What is the number of lines in these entries that contain "failed"? State it alone.

[Dataset records]
········
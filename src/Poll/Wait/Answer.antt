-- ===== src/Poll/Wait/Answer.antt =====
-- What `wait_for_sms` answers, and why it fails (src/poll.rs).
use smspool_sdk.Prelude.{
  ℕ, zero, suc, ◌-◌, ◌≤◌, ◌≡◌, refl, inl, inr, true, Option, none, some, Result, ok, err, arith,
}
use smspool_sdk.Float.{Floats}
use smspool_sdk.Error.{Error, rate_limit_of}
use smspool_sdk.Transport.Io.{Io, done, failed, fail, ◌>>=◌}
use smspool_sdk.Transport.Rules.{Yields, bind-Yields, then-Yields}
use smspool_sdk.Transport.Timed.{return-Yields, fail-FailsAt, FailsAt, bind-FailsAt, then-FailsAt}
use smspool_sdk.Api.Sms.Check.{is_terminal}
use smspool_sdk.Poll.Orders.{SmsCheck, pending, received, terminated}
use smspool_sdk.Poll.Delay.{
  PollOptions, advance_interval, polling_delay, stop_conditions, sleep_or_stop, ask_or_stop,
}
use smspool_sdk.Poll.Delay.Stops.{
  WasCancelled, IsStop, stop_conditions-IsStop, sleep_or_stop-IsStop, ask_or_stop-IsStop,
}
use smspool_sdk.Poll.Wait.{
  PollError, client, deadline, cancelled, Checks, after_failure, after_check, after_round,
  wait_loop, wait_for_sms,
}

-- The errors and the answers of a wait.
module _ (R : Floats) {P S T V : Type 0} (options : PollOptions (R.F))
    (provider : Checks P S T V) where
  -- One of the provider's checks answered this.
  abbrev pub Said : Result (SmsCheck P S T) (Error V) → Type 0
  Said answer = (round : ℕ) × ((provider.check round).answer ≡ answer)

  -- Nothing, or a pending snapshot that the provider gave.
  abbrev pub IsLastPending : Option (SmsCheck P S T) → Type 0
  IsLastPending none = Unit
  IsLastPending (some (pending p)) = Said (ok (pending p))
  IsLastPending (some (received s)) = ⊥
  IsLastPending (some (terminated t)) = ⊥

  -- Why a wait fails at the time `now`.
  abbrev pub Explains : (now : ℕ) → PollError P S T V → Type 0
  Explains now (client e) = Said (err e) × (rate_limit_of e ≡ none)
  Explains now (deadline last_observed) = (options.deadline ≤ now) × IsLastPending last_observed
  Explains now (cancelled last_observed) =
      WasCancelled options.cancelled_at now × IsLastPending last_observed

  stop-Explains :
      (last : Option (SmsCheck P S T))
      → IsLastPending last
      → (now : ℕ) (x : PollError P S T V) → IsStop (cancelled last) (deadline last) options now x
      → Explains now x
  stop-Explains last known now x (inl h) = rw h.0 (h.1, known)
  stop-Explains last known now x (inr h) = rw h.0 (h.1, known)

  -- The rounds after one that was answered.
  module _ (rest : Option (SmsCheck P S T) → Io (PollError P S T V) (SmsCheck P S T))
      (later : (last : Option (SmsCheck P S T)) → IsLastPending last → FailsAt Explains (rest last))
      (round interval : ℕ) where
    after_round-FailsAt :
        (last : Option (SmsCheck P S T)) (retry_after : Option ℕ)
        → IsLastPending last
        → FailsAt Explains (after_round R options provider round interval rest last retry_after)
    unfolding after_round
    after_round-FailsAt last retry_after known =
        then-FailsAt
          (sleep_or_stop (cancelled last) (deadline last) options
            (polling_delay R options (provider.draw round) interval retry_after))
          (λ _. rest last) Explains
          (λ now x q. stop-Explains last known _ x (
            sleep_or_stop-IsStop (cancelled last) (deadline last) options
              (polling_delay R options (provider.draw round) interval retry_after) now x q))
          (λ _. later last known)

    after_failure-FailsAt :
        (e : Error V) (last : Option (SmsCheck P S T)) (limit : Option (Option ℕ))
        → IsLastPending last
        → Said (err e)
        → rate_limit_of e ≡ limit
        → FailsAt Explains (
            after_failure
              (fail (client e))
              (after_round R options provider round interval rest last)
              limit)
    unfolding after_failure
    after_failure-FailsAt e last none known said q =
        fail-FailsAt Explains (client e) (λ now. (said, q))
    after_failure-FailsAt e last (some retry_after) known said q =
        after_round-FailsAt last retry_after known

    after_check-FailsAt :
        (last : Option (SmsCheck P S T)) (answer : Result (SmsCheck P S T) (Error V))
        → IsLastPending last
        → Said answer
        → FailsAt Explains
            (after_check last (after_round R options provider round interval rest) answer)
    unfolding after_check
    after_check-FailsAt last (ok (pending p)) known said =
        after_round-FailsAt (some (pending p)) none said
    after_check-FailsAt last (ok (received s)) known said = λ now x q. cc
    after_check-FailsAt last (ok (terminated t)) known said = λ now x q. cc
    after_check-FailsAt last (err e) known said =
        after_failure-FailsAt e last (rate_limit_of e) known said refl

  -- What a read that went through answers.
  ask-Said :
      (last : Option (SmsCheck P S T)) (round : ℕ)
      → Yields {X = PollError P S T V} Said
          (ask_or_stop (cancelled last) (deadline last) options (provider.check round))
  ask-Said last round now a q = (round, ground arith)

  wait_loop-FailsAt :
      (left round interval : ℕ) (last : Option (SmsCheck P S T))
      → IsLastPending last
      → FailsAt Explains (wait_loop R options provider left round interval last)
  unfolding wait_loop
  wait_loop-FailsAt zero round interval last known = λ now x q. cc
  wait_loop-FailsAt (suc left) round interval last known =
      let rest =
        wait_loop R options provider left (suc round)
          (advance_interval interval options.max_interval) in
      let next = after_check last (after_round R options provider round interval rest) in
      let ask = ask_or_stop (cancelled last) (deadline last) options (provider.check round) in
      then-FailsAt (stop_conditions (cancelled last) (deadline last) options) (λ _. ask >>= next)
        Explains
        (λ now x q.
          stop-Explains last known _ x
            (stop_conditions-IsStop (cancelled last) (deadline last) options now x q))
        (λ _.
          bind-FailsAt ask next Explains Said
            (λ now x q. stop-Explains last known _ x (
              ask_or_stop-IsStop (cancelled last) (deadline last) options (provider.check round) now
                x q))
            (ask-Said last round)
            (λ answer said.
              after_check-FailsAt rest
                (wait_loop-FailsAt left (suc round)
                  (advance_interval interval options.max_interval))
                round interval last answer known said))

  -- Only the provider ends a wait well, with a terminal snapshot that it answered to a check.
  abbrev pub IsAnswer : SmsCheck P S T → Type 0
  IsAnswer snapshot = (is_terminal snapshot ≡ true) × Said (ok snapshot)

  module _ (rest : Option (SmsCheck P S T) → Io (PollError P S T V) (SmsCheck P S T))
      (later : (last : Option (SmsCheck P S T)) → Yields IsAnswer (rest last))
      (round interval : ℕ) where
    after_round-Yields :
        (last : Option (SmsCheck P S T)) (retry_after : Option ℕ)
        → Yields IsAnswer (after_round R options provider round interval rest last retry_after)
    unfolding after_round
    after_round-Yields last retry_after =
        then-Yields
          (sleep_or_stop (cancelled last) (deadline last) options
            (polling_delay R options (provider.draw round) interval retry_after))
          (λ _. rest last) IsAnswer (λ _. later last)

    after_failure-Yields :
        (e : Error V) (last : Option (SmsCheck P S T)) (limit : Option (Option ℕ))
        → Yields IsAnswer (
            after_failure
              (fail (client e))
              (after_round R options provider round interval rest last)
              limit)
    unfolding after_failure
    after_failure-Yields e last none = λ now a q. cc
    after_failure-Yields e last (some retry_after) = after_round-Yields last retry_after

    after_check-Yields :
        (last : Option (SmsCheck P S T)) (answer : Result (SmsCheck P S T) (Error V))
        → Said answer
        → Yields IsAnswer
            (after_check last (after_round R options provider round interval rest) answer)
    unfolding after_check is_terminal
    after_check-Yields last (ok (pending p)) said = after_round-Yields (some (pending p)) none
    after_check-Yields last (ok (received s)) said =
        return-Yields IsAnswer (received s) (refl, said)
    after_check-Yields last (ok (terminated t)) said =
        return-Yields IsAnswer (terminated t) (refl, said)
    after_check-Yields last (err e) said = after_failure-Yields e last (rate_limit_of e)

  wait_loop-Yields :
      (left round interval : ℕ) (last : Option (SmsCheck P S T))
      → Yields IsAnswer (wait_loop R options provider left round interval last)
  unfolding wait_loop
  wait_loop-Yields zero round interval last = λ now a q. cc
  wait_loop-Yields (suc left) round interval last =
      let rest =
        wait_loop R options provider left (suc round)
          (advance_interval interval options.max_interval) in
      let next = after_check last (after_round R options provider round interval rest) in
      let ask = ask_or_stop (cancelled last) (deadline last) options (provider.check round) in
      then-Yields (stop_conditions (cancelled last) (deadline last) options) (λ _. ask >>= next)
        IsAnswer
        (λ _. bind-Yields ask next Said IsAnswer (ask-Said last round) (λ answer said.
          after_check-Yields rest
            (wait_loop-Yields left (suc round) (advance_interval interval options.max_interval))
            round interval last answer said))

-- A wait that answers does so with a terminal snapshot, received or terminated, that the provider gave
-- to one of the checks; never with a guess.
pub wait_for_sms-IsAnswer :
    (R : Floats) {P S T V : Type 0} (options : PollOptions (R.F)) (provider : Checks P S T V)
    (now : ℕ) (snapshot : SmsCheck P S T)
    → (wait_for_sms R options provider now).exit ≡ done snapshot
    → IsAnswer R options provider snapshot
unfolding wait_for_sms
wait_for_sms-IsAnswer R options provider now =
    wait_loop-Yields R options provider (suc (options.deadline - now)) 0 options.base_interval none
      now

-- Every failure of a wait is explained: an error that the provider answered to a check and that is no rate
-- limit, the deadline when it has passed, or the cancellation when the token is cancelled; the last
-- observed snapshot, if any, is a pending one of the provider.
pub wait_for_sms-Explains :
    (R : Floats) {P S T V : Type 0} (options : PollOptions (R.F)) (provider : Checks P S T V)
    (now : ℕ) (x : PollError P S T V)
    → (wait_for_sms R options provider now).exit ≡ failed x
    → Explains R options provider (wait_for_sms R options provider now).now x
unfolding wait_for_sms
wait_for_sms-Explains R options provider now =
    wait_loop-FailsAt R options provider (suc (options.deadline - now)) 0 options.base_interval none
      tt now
········
TASK RESPONSE:
2